What you will do: Transcribe the records below exactly, from their first line through the line containing "IsNormal (add_seconds ts s)". Omit every line after it.

Given entries:
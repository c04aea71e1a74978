-- ===== src/Time/Laws.antt =====
-- Deadlines of src/core/posixipc_time.c as numbers of nanoseconds.
use Prim.Native.Nat.{min}
use posixipc.Prelude.{ℕ, ◌+◌, ◌*◌, ◌≤◌, ◌<◌, ◌≡◌, ◌≢◌, arith, true, ◌⊎◌}
use mathlib.Core.Logic.{◌↔◌}
use posixipc.Os.{Timespec}
use posixipc.Time.{Deadline, Seconds, billion, add_seconds, deadline_min, passed}

abbrev pub to_ns : Timespec → ℕ
to_ns ts = ts.sec * billion + ts.nsec

-- a `timespec` as the clock returns it
abbrev pub IsNormal : Timespec → Type 0
IsNormal ts = ts.nsec < billion

-- `add_seconds` adds the seconds, capped at 100,000,000, and the fraction, and carries at most once:
-- the result is normal.
pub add_seconds_lem :
    (ts : Timespec) (s : Seconds)
    → IsNormal ts
    → s.nanos < billion
    → IsNormal (add_seconds ts s)
      × (to_ns (add_seconds ts s) ≡ to_ns ts + min s.whole 100_000_000 * billion + s.nanos)
unfolding add_seconds
add_seconds_lem ts s h k = ground arith

-- The last comparison of `posixipc_deadline_expired` is the order of the two times.
pub passed_iff :
    (now ts : Timespec)
    → IsNormal now
    → IsNormal ts
    → (passed now ts ≡ true) ↔ (to_ns ts ≤ to_ns now)
unfolding passed
passed_iff now ts h k = ground arith

-- `posixipc_deadline_min` of two deadlines on one clock returns one of them, the earlier; on two
-- clocks it returns the first.
pub deadline_min_lem :
    (a b : Deadline)
    → IsNormal a.ts
    → IsNormal b.ts
    → ((a.clk ≢ b.clk) × (deadline_min a b ≡ a))
      ⊎ ((a.clk ≡ b.clk)
          × (to_ns (deadline_min a b).ts ≡ min (to_ns a.ts) (to_ns b.ts))
          × ((deadline_min a b ≡ a) ⊎ (deadline_min a b ≡ b)))
unfolding deadline_min
deadline_min_lem a b h k = ground arith
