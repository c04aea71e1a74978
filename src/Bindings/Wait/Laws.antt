-- ===== src/Bindings/Wait/Laws.antt =====
-- When `posixipc_blocking_wait` of src/bindings/py_wait.c returns, and what its callback waits for.
use Prim.Native.Nat.{min}
use posixipc.Prelude.{
  ℕ, zero, suc, ◌+◌, ◌≡◌, refl, ap, ◌∙◌, arith, Bool, true, false, Option, none, some, ◌!=◌, inl,
  inr, if◌then◌else◌,
}
use posixipc.Codes.{etimedout, error_interrupted}
use posixipc.Os.{Os, Trace, Timespec}
use posixipc.Time.{Deadline, now, deadline_expired}
use posixipc.Time.Laws.{to_ns, IsNormal, deadline_min_lem}
use posixipc.Bindings.Run.{Run, After, Triple, give, plain, ◌>>=◌}
use posixipc.Bindings.Wait.{
  add_ns, slice_ns, slice_of, clock_of, lift, far_off, round_end, after_call, after_now,
  wait_slices, blocking_wait,
}

add_ns_lem :
    (t : Timespec)
    → IsNormal t
    → IsNormal (add_ns t slice_ns) × (to_ns (add_ns t slice_ns) ≡ to_ns t + slice_ns)
unfolding add_ns
add_ns_lem t h = ground arith

-- The deadline of a call of the callback is on the clock of the caller's deadline, at the earlier of
-- that deadline and 50 ms after the time that was read.
pub slice_of_lem :
    (user : Deadline) (clk : ℕ) (t : Timespec)
    → IsNormal user.ts
    → IsNormal t
    → ((slice_of (some user) clk t).clk ≡ user.clk)
      × (to_ns (slice_of (some user) clk t).ts ≡ min (to_ns user.ts) (to_ns t + slice_ns))
unfolding slice_of
slice_of_lem user clk t h k =
    let late : Deadline = record { clk = user.clk; ts = add_ns t slice_ns } in
    let (normal, value) = add_ns_lem t k in
    elim (deadline_min_lem user late h normal) [
      | inl (ne, e) ↦ absurd (ne refl)
      | inr (e, m, inl a) ↦ (ap (λ (d : Deadline). d.clk) a, m ∙ ap (min (to_ns user.ts)) value)
      | inr (e, m, inr b) ↦ (ap (λ (d : Deadline). d.clk) b, m ∙ ap (min (to_ns user.ts)) value)
    ]

-- what holds of a status and a state: `Q` where the status ends the wait, `I` where it goes on
abbrev pub EndsUnless : {S : Type 0} → ℕ → (S → Type 0) → (ℕ → S → Type 0) → ℕ × S → Type 0
EndsUnless go I Q (rc, s) = if rc != go then Q rc s else I s

abbrev pub EndsIf : {S : Type 0} → (S → Type 0) → (S → Type 0) → Bool × S → Type 0
EndsIf I Q (true, s) = Q s
EndsIf I Q (false, s) = I s

abbrev pub EndsUnread :
    {S : Type 0} → (S → Type 0) → (ℕ → S → Type 0) → (ℕ × Option Timespec) × S → Type 0
EndsUnread I Q ((rc, none), s) = Q rc s
EndsUnread I Q ((rc, some t), s) = I s

module _ {X : Type 0} (os : Os) (check_signals : X × Trace → Bool × (X × Trace))
    (fn : Deadline → X × Trace → ℕ × (X × Trace)) where
  -- What a caller of the wait has to know to conclude `Q` of its status and the state after it, where
  -- `I` holds before it and between the rounds.
  pub record Waits (I : X × Trace → Type 0) (user : Option Deadline) (clk : ℕ)
      (Q : ℕ → X × Trace → Type 0) : Type 0 where
    pub times : (s : X × Trace) → I s → EndsUnread I Q (lift (now os (clock_of user clk) true) s)
    pub calls : (d : Deadline) (s : X × Trace) → I s → EndsUnless etimedout I Q (fn d s)
    pub signals : (s : X × Trace) → I s → EndsIf I (Q error_interrupted) (check_signals s)
    pub expires :
        (d : Deadline) (s : X × Trace)
        → user ≡ some d
        → I s
        → EndsIf I (Q etimedout) (lift (deadline_expired os (some d)) s)

  module _ {I : X × Trace → Type 0} {user : Option Deadline} {clk : ℕ} {Q : ℕ → X × Trace → Type 0}
      (w : Waits I user clk Q) (again : Run (X × Trace) ℕ) (h : Triple I again Q) where
    choose :
        (rc : ℕ) (r : Bool × (X × Trace))
        → EndsIf I (Q rc) r
        → After Q ((plain (λ (s : X × Trace). r) >>= λ e. if e then give rc else again) r.1)
    choose rc (true, s) q = q
    choose rc (false, s) i = h s i

    round_end-Triple :
        (u : Option Deadline) → user ≡ u → Triple I (round_end os check_signals fn again u) Q
    unfolding round_end
    round_end-Triple none e s i = h s i
    round_end-Triple (some d) e s i =
        choose etimedout (lift (deadline_expired os (some d)) s) (w.expires d s e i)

    signalled :
        (r : Bool × (X × Trace))
        → EndsIf I (Q error_interrupted) r
        → After Q (
            (plain (λ (s : X × Trace). r) >>= λ e.
            if e then give error_interrupted else round_end os check_signals fn again user)
              r.1)
    signalled (true, s) q = q
    signalled (false, s) i = round_end-Triple user refl s i

    after_call-After :
        (r : ℕ × (X × Trace))
        → EndsUnless etimedout I Q r
        → After Q (after_call os check_signals fn again user r.0 r.1)
    unfolding after_call
    after_call-After (rc, s) h =
        elim (rc != etimedout)
            as (λ (b : Bool).
              (if b then Q rc s else I s)
              → After Q (
                  (if b
                      then give rc
                      else (plain check_signals >>= λ e.
                          if e
                          then give error_interrupted
                          else round_end os check_signals fn again user))
                    s)) [ true ↦ λ q. q | false ↦ λ i. signalled (check_signals s) (w.signals s i) ]
          h

    after_now-After :
        (r : (ℕ × Option Timespec) × (X × Trace))
        → EndsUnread I Q r
        → After Q (after_now os check_signals fn again user clk r.0 r.1)
    unfolding after_now
    after_now-After ((rc, none), s) q = q
    after_now-After ((rc, some t), s) i =
        after_call-After (fn (slice_of user (clock_of user clk) t) s)
          (w.calls (slice_of user (clock_of user clk) t) s i)

  module _ {I : X × Trace → Type 0} {user : Option Deadline} {clk : ℕ} {Q : ℕ → X × Trace → Type 0}
      (w : Waits I user clk Q) where
    -- Where the fuel suffices, an interruptible wait ends with what its caller has to know of the callback,
    -- the clock and the signals.
    pub wait_slices-Triple : (fuel : ℕ) → Triple I (wait_slices os check_signals fn fuel user clk) Q
    unfolding wait_slices
    wait_slices-Triple zero s i = tt
    wait_slices-Triple (suc fuel) s i =
        after_now-After w (wait_slices os check_signals fn fuel user clk) (wait_slices-Triple fuel)
          (lift (now os (clock_of user clk) true) s) (w.times s i)

    pub blocking_wait-Triple :
        (fuel : ℕ) (interruptible : Bool)
        → ((d : Deadline) (s : X × Trace) → I s → Q (fn d s).0 (fn d s).1)
        → Triple I (blocking_wait os check_signals fn fuel user interruptible clk) Q
    unfolding blocking_wait
    blocking_wait-Triple fuel true direct s i = wait_slices-Triple fuel s i
    blocking_wait-Triple fuel false direct s i =
        elim user
          as (λ (u : Option Deadline).
            After Q (blocking_wait os check_signals fn fuel u false clk s)) [
              | none ↦ direct (far_off clk) s i
              | some d ↦ direct d s i
            ]
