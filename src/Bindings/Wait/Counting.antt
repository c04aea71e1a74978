-- ===== src/Bindings/Wait/Counting.antt =====
-- A wait of src/bindings/py_wait.c for a lock of which it is known what is held: its callback takes the lock once more
-- or not at all, and nothing else does.
use posixipc.Prelude.{
  ℕ, suc, ◌≡◌, refl, ap, ◌∙◌, arith, Bool, true, false, Option, none, some, ◌∷◌, ◌!=◌,
  if◌then◌else◌,
}
use posixipc.Codes.{success, etimedout, error_interrupted}
use posixipc.Os.{Os, Io, Trace, Event, Timespec, Ret, ok, fail, pure}
use posixipc.Time.{Deadline, now, deadline_expired}
use posixipc.Bindings.Run.{Triple}
use posixipc.Bindings.Wait.{lift, clock_of, blocking_wait}
use posixipc.Bindings.Wait.Laws.{EndsUnless, EndsIf, EndsUnread, Waits, blocking_wait-Triple}

-- what is held, and behind a call that gave a status: `gains rc k` is what is held then
module _ {X K : Type 0} (count : X → K) where
  abbrev pub At : K → X × Trace → Type 0
  At k (x, tr) = count x ≡ k

  abbrev pub Tried : (ℕ → K → K) → K → ℕ → X × Trace → Type 0
  Tried gains k rc (x, tr) = count x ≡ gains rc k

-- a status that takes nothing
pub record Misses {K : Type 0} (os : Os) (gains : ℕ → K → K) : Type 0 where
  pub timeout : (k : K) → gains etimedout k ≡ k
  pub signal : (k : K) → gains error_interrupted k ≡ k
  pub clock :
      (tr : Trace) (clk e : ℕ) (k : K) → os.clock_gettime tr clk ≡ fail e → gains (suc e) k ≡ k

module _ {X K : Type 0} (count : X → K) {os : Os} {gains : ℕ → K → K} (misses : Misses os gains)
    (signals : X × Trace → Bool × (X × Trace))
    (handlers : (s : X × Trace) → count (signals s).1.0 ≡ count s.0)
    (fn : Deadline → X × Trace → ℕ × (X × Trace)) (k : K)
    (calls : (d : Deadline) (s : X × Trace)
      → At count k s
      → let (rc, s') = fn d s in Tried count gains k rc s') where
  call-ends :
      (r : ℕ × (X × Trace))
      → Tried count gains k r.0 r.1
      → EndsUnless etimedout (At count k) (Tried count gains k) r
  call-ends (rc, s) h =
      elim (rc != etimedout)
          as (λ (b : Bool).
            (b ≡ false → rc ≡ etimedout) → if b then Tried count gains k rc s else At count k s) [
              | true ↦ λ e. h
              | false ↦ λ e. h ∙ ap (λ (n : ℕ). gains n k) (e refl) ∙ misses.timeout k
            ]
        (λ e. ground arith)

  lifted-ends :
      (m : Io Bool) (s : X × Trace)
      → At count k s
      → EndsIf (At count k) (Tried count gains k etimedout) (lift m s)
  lifted-ends m (x, tr) h =
      elim ((m tr).0)
        as (λ (b : Bool). EndsIf (At count k) (Tried count gains k etimedout) (b, (x, (m tr).1))) [
          | true ↦ rw (misses.timeout k) h
          | false ↦ h
        ]

  signals-end :
      (r : Bool × (X × Trace))
      → At count k r.1
      → EndsIf (At count k) (Tried count gains k error_interrupted) r
  signals-end (true, s) h = rw (misses.signal k) h
  signals-end (false, s) h = h

  now-ends :
      (clk : ℕ) (s : X × Trace)
      → At count k s
      → EndsUnread (At count k) (Tried count gains k) (lift (now os clk true) s)
  unfolding now
  now-ends clk (x, tr) h = go (os.clock_gettime tr clk) (λ e same. misses.clock tr clk e k same)
    where
      go :
          (r : Ret Timespec)
          → ((e : ℕ) → r ≡ fail e → gains (suc e) k ≡ k)
          → let answer : Io (ℕ × Option Timespec) = elim r [
            | ok t ↦ pure (success, some t)
            | fail e ↦ pure (suc e, none)
          ] in
            EndsUnread
              (At count k)
              (Tried count gains k)
              (lift answer (x, Event.clock_gettime clk r ∷ tr))
      go (ok t) miss = h
      go (fail e) miss = rw (miss e refl) h

  counting-Waits :
      (user : Option Deadline) (clk : ℕ)
      → Waits os signals fn (At count k) user clk (Tried count gains k)
  counting-Waits user clk = record {
    times = now-ends (clock_of user clk);
    calls = λ d s h. call-ends (fn d s) (calls d s h);
    signals = λ s h. signals-end (signals s) (handlers s ∙ h);
    expires = λ d s e h. lifted-ends (deadline_expired os (some d)) s h;
  }

  -- A wait takes the lock as its status says.
  pub counting_wait-Triple :
      (fuel : ℕ) (user : Option Deadline) (interruptible : Bool) (clk : ℕ)
      → Triple
          (At count k)
          (blocking_wait os signals fn fuel user interruptible clk)
          (Tried count gains k)
  counting_wait-Triple fuel user interruptible clk =
      blocking_wait-Triple os signals fn (counting-Waits user clk) fuel interruptible calls
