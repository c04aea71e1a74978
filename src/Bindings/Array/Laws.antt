-- ===== src/Bindings/Array/Laws.antt =====
-- How often a mutex of an array of src/bindings/py_array.c is held.
use posixipc.Prelude.{
  ℕ, suc, ◌-◌, ◌<◌, ◌≡◌, ◌≢◌, refl, arith, Bool, true, false, Option, some, [], ◌∷◌, ◌==◌, ◌||◌,
  ◌&&◌, if◌then◌else◌,
}
use posixipc.Codes.{success, eownerdead}
use posixipc.Os.{Os, Trace, status_of}
use posixipc.Calls.{Log, Reply}
use posixipc.Time.{Deadline}
use posixipc.Mutex.{mutex_lock, mutex_trylock, mutex_unlock, mutex_consistent, mutex_lock_until}
use posixipc.Mutex
use posixipc.Bindings.Errors.{Outcome, returned, raised}
use posixipc.Bindings.Wait.Counting.{Misses, counting_wait-Triple}
use posixipc.Bindings.Wait.Counting
use posixipc.Bindings.Lock.{refused}
use posixipc.Bindings.Array.{ArrayObject, State}

abbrev pub gains : ℕ → ℕ → ℕ
gains rc k = if rc == success || rc == eownerdead then suc k else k

-- how often the mutex at `p` is held by the calls
abbrev pub held : ℕ → Log Mutex.Call → ℕ
held p [] = 0
held p ((Mutex.Call.lock m, rc) ∷ log) = if m == p then gains rc (held p log) else held p log
held p ((Mutex.Call.trylock m, rc) ∷ log) = if m == p then gains rc (held p log) else held p log
held p ((Mutex.Call.clocklock m clk ts, rc) ∷ log) =
    if m == p then gains rc (held p log) else held p log
held p ((Mutex.Call.timedlock m ts, rc) ∷ log) =
    if m == p then gains rc (held p log) else held p log
held p ((Mutex.Call.unlock m, rc) ∷ log) =
    if m == p && rc == success then held p log - 1 else held p log
held p (c ∷ log) = held p log

itself : (p : ℕ) → (p == p) ≡ true
itself p = ground arith

module _ (p : ℕ) (reply : Reply Mutex.Call) (log : Log Mutex.Call) where
  abbrev Gains : ℕ × Log Mutex.Call → Type 0
  Gains (rc, log') = held p log' ≡ gains rc (held p log)

  pub lock-Gains : Gains (mutex_lock reply (some p) log)
  unfolding mutex_lock
  lock-Gains = rw (itself p) refl

  pub trylock-Gains : Gains (mutex_trylock reply (some p) log)
  unfolding mutex_trylock
  trylock-Gains = rw (itself p) refl

  pub until-Gains :
      (have_clocklock : Bool) (d : Deadline)
      → Gains (mutex_lock_until reply have_clocklock (some p) (some d) log)
  unfolding mutex_lock_until
  until-Gains true d = rw (itself p) refl
  until-Gains false d = ground (arith, itself p)

  pub unlock-held :
      held p (mutex_unlock reply (some p) log).1
      ≡ (if (mutex_unlock reply (some p) log).0 == success then held p log - 1 else held p log)
  unfolding mutex_unlock
  unlock-held = ground (arith, itself p)

  pub consistent-held : held p (mutex_consistent reply (some p) log).1 ≡ held p log
  unfolding mutex_consistent
  consistent-held = refl

abbrev pub holds_at : ℕ → ArrayObject → ℕ
holds_at p a = held p a.mutexes

abbrev pub At : ℕ → ℕ → State → Type 0
At p = Counting.At (holds_at p)

abbrev pub Tried : ℕ → ℕ → ℕ → State → Type 0
Tried p = Counting.Tried (holds_at p) gains

-- behind an acquire from `k` on: held once more with True
abbrev pub Acquired : ℕ → ℕ → Outcome Bool → State → Type 0
Acquired p k (returned true) (a, tr) = holds_at p a ≡ suc k
Acquired p k (returned false) (a, tr) = holds_at p a ≡ k
Acquired p k (raised e) (a, tr) = holds_at p a ≡ k

-- behind a release
abbrev pub Released : ℕ → ℕ → Outcome Bool × State → Type 0
Released p k (returned b, (a, tr)) = holds_at p a ≡ k - 1
Released p k (raised e, (a, tr)) = holds_at p a ≡ k

pub refused-Acquired : (p k rc : ℕ) (s : State) → At p k s → Acquired p k (refused rc) s
unfolding refused
refused-Acquired p k rc s h = ground arith

-- What the mutexes and the callbacks promise: an unlock of a mutex that is held succeeds, and the
-- callback of a dead owner and the signal handlers leave the mutexes alone.
pub record Honest (os : Os) (reply : ArrayObject → Reply Mutex.Call)
    (on_owner_died : Option (State → Bool × State)) (signals : State → Bool × State) : Type 0 where
  pub unlocks :
      (a : ArrayObject) (p : ℕ)
      → 0 < holds_at p a
      → reply a a.mutexes (Mutex.Call.unlock p) ≡ success
  pub callback :
      (f : State → Bool × State) (s : State)
      → on_owner_died ≡ some f
      → (f s).1.0.mutexes ≡ s.0.mutexes
  pub handlers : (s : State) → (signals s).1.0.mutexes ≡ s.0.mutexes
  -- no clock has an owner
  pub clocks : (tr : Trace) (clk : ℕ) → status_of (os.clock_gettime tr clk) ≢ eownerdead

Task solution:
repository c04aea71e1a74978
-- ===== src/Time/Laws.antt =====
-- Deadlines of src/core/posixipc_time.c as numbers of nanoseconds.
use Prim.Native.Nat.{min}
use posixipc.Prelude.{ℕ, ◌+◌, ◌*◌, ◌≤◌, ◌<◌, ◌≡◌, ◌≢◌, arith, true, ◌⊎◌}
use mathlib.Core.Logic.{◌↔◌}
use posixipc.Os.{Timespec}
use posixipc.Time.{Deadline, Seconds, billion, add_seconds, deadline_min, passed}

abbrev pub to_ns : Timespec → ℕ
to_ns ts = ts.sec * billion + ts.nsec

-- a `timespec` as the clock returns it
abbrev pub IsNormal : Timespec → Type 0
IsNormal ts = ts.nsec < billion

-- `add_seconds` adds the seconds, capped at 100,000,000, and the fraction, and carries at most once:
-- the result is normal.
pub add_seconds_lem :
    (ts : Timespec) (s : Seconds)
    → IsNormal ts
    → s.nanos < billion
    → IsNormal (add_seconds ts s)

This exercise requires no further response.